• Work order: Each of the entries should be retyped precisely as it appears.

Items from a dataset
<<<<

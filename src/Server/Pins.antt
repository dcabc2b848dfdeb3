-- ===== src/Server/Pins.antt =====
-- The certificate that a server makes for itself, and the fingerprint that it prints.
use secretstash.Base.{
  ◌≤◌, ◌<◌, ◌≡◌, ◌≢◌, refl, sym, ap, ◌∙◌, subst, ◌++◌, ◌⊎◌, inl, inr, [], ◌∷◌, Option, some,
  Option-cases, true, false, Bytes, arith, ◌^◌,
}
use secretstash.Base.Result.{ok, bind-eq_ok, ok_inj}
use secretstash.Base.Text.{ascii}
use secretstash.Store.{Time}
use secretstash.Api.Remote.{Net}
use secretstash.Tls.{
  Names, Template, Certs, TlsConfig, tls_config, host_names, template, self_signed_cert,
}
use secretstash.Server.{Config, none_given, self_signed, load_tls}

-- The names of a certificate cover a host.
abbrev pub Covers : Net → Names → Bytes → Type 0
Covers net names host =
    (names.dns ≡ ascii "localhost" ∷ host ∷ [])
    ⊎ ((ip : Bytes) × (net.parse_ip host ≡ some ip)
        × (names.ips ≡ ascii "127.0.0.1" ∷ ascii "::1" ∷ ip ∷ []))

host_names-Covers :
    (net : Net) (host port : Bytes)
    → host ≢ []
    → Covers net (host_names net (some (host, port))) host
unfolding host_names
host_names-Covers net [] port h = absurd (h refl)
host_names-Covers net (c ∷ host) port h = elim (Option-cases (net.parse_ip (c ∷ host))) [
  | inl e ↦ inl (rw (e, host_names) refl)
  | inr (ip, e) ↦ inr (ip, e, rw (e, host_names) refl)
]

-- A certificate that was signed for this server, and that is valid now; the description has its fingerprint.
pub record Pins (net : Net) (certs : Certs) (listen : Bytes) (now : Time)
    (tls : Option (TlsConfig certs.Cert)) (description : Bytes) : Type 0 where
  pub key : certs.Key
  pub signed : Template
  pub der : Bytes
  pub made : certs.create_certificate signed key ≡ ok der
  pub in_time : (signed.not_before ≤ now) × (now < signed.not_after)
  pub covers :
      (host port : Bytes)
      → net.split_host_port listen ≡ some (host, port)
      → host ≢ []
      → Covers net signed.names host
  pub served : tls ≡ some (tls_config (certs.of_der der key))
  pub printed :
      description
      ≡ ascii "TLS enabled with ephemeral self-signed certificate (never written to disk)\n"
        ++ (ascii "  certificate SHA-256 fingerprint: "
            ++ (certs.hex (certs.sha256 der)
                ++ ascii "\n  clients: use --tls-skip-verify or pin the fingerprint above"))

module _ (net : Net) (certs : Certs) where
  open certs use {Cert, generate_key, rand_int, create_certificate}

  -- Without --dev and with no certificate given, a server serves a certificate that it made: valid when it
  -- starts, for the host that it listens on, and with its fingerprint in the description.
  pub load_tls-Pins :
      (c : Config) (now : Time) (tls : Option (TlsConfig Cert)) (description : Bytes)
      → c.dev ≡ false
      → none_given c ≡ true
      → load_tls net certs c now ≡ ok (tls, description)
      → Pins net certs c.listen now tls description
  unfolding load_tls self_signed self_signed_cert template
  load_tls-Pins c now tls description dev absent e =
      let ((cert, fingerprint), m, h) =
        bind-eq_ok (self_signed_cert net certs c.listen now) _ (rw (dev, absent) at e) in
      let (key, k, h1) = bind-eq_ok generate_key _ m in
      let (serial, n, h2) = bind-eq_ok (rand_int (2 ^ 128)) _ h1 in
      let (der, d, h3) =
        bind-eq_ok (create_certificate (template net c.listen now serial) key) _ h2 in
      let made = ok_inj h3 in
      let shown = ok_inj h in
      record {
        key = key;
        signed = template net c.listen now serial;
        der = der;
        made = d;
        in_time = (omega arith, omega arith);
        covers = λ host port s q.
            subst (λ o. Covers net (host_names net o) host) (sym s)
              (host_names-Covers net host port q);
        served = sym (ap (λ p. p.0) shown) ∙ ap (λ p. some (tls_config p.0)) (sym made);
        printed =
            sym (ap (λ p. p.1) shown)
            ∙ ap
                (λ p.
                  ascii
                    "TLS enabled with ephemeral self-signed certificate (never written to disk)\n"
                  ++ (ascii "  certificate SHA-256 fingerprint: "
                      ++ (p.1
                          ++ ascii
                              "\n  clients: use --tls-skip-verify or pin the fingerprint above")))
                (sym made);
      }
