-- ===== src/Shamir.antt =====
-- internal/shamir/shamir.go: Shamir secret sharing over GF(2^8).
pub mod Gf
pub mod Field
pub mod Lagrange
pub mod Raw
pub mod Codec
pub mod Share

>>>>

• Response area:
filename src/Server/Pins.antt
repository dcabc2b848dfdeb3
-- ===== src/Server/Pins.antt =====
-- The certificate that a server makes for itself, and the fingerprint that it prints.
use secretstash.Base.{
  ◌≤◌, ◌<◌, ◌≡◌, ◌≢◌, refl, sym, ap, ◌∙◌, subst, ◌++◌, ◌⊎◌, inl, inr, [], ◌∷◌, Option, some,
  Option-cases, true, false, Bytes, arith, ◌^◌,
}
use secretstash.Base.Result.{ok, bind-eq_ok, ok_inj}
use secretstash.Base.Text.{ascii}
use secretstash.Store.{Time}
use secretstash.Api.Remote.{Net}
use secretstash.Tls.{
  Names, Template, Certs, TlsConfig, tls_config, host_names, template, self_signed_cert,
}
use secretstash.Server.{Config, none_given, self_signed, load_tls}

-- The names of a certificate cover a host.
abbrev pub Covers : Net → Names → Bytes → Type 0
Covers net names host =
    (names.dns ≡ ascii "localhost" ∷ host ∷ [])
    ⊎ ((ip : Bytes) × (net.parse_ip host ≡ some ip)
        × (names.ips ≡ ascii "127.0.0.1" ∷ ascii "::1" ∷ ip ∷ []))

host_names-Covers :
    (net : Net) (host port : Bytes)
    → host ≢ []
    → Covers net (host_names net (some (host, port))) host
unfolding host_names
host_names-Covers net [] port h = absurd (h refl)
host_names-Covers net (c ∷ host) port h = elim (Option-cases (net.parse_ip (c ∷ host))) [
  | inl e ↦ inl (rw (e, host_names) refl)
  | inr (ip, e) ↦ inr (ip, e, rw (e, host_names) refl)
]

-- A certificate that was signed for this server, and that is valid now; the description has its fingerprint.
pub record Pins (net : Net) (certs : Certs) (listen : Bytes) (now : Time)
    (tls : Option (TlsConfig certs.Cert)) (description : Bytes) : Type 0 where
  pub key : certs.Key
  pub signed : Template
  pub der : Bytes
  pub made : certs.create_certificate signed key ≡ ok der
  pub in_time : (signed.not_before ≤ now) × (now < signed.not_after)
  pub covers :
      (host port : Bytes)
      → net.split_host_port listen ≡ some (host, port)
      → host ≢ []
      → Covers net signed.names host
  pub served : tls ≡ some (tls_config (certs.of_der der key))
  pub printed :
      description
      ≡ ascii "TLS enabled with ephemeral self-signed certificate (never written to disk)\n"
        ++ (ascii "  certificate SHA-256 fingerprint: "
            ++ (certs.hex (certs.sha256 der)
                ++ ascii "\n  clients: use --tls-skip-verify or pin the fingerprint above"))

module _ (net : Net) (certs : Certs) where
  open certs use {Cert, generate_key, rand_int, create_certificate}

  -- Without --dev and with no certificate given, a server serves a certificate that it made: valid when it
  -- starts, for the host that it listens on, and with its fingerprint in the description.
  pub load_tls-Pins :
      (c : Config) (now : Time) (tls : Option (TlsConfig Cert)) (description : Bytes)
      → c.dev ≡ false
      → none_given c ≡ true
      → load_tls net certs c now ≡ ok (tls, description)
      → Pins net certs c.listen now tls description
  unfolding load_tls self_signed self_signed_cert template
  load_tls-Pins c now tls description dev absent e =
      let ((cert, fingerprint), m, h) =
        bind-eq_ok (self_signed_cert net certs c.listen now) _ (rw (dev, absent) at e) in
      let (key, k, h1) = bind-eq_ok generate_key _ m in
      let (serial, n, h2) = bind-eq_ok (rand_int (2 ^ 128)) _ h1 in
      let (der, d, h3) =
        bind-eq_ok (create_certificate (template net c.listen now serial) key) _ h2 in
      let made = ok_inj h3 in
      let shown = ok_inj h in
      record {
        key = key;
        signed = template net c.listen now serial;
        der = der;
        made = d;
        in_time = (omega arith, omega arith);
        covers = λ host port s q.
            subst (λ o. Covers net (host_names net o) host) (sym s)
              (host_names-Covers net host port q);
        served = sym (ap (λ p. p.0) shown) ∙ ap (λ p. some (tls_config p.0)) (sym made);
        printed =
            sym (ap (λ p. p.1) shown)
            ∙ ap
                (λ p.
                  ascii
                    "TLS enabled with ephemeral self-signed certificate (never written to disk)\n"
                  ++ (ascii "  certificate SHA-256 fingerprint: "
                      ++ (p.1
                          ++ ascii
                              "\n  clients: use --tls-skip-verify or pin the fingerprint above")))
                (sym made);
      }
-- ===== src/Shamir.antt =====
-- internal/shamir/shamir.go: Shamir secret sharing over GF(2^8).
pub mod Gf
pub mod Field
pub mod Lagrange
pub mod Raw
pub mod Codec
pub mod Share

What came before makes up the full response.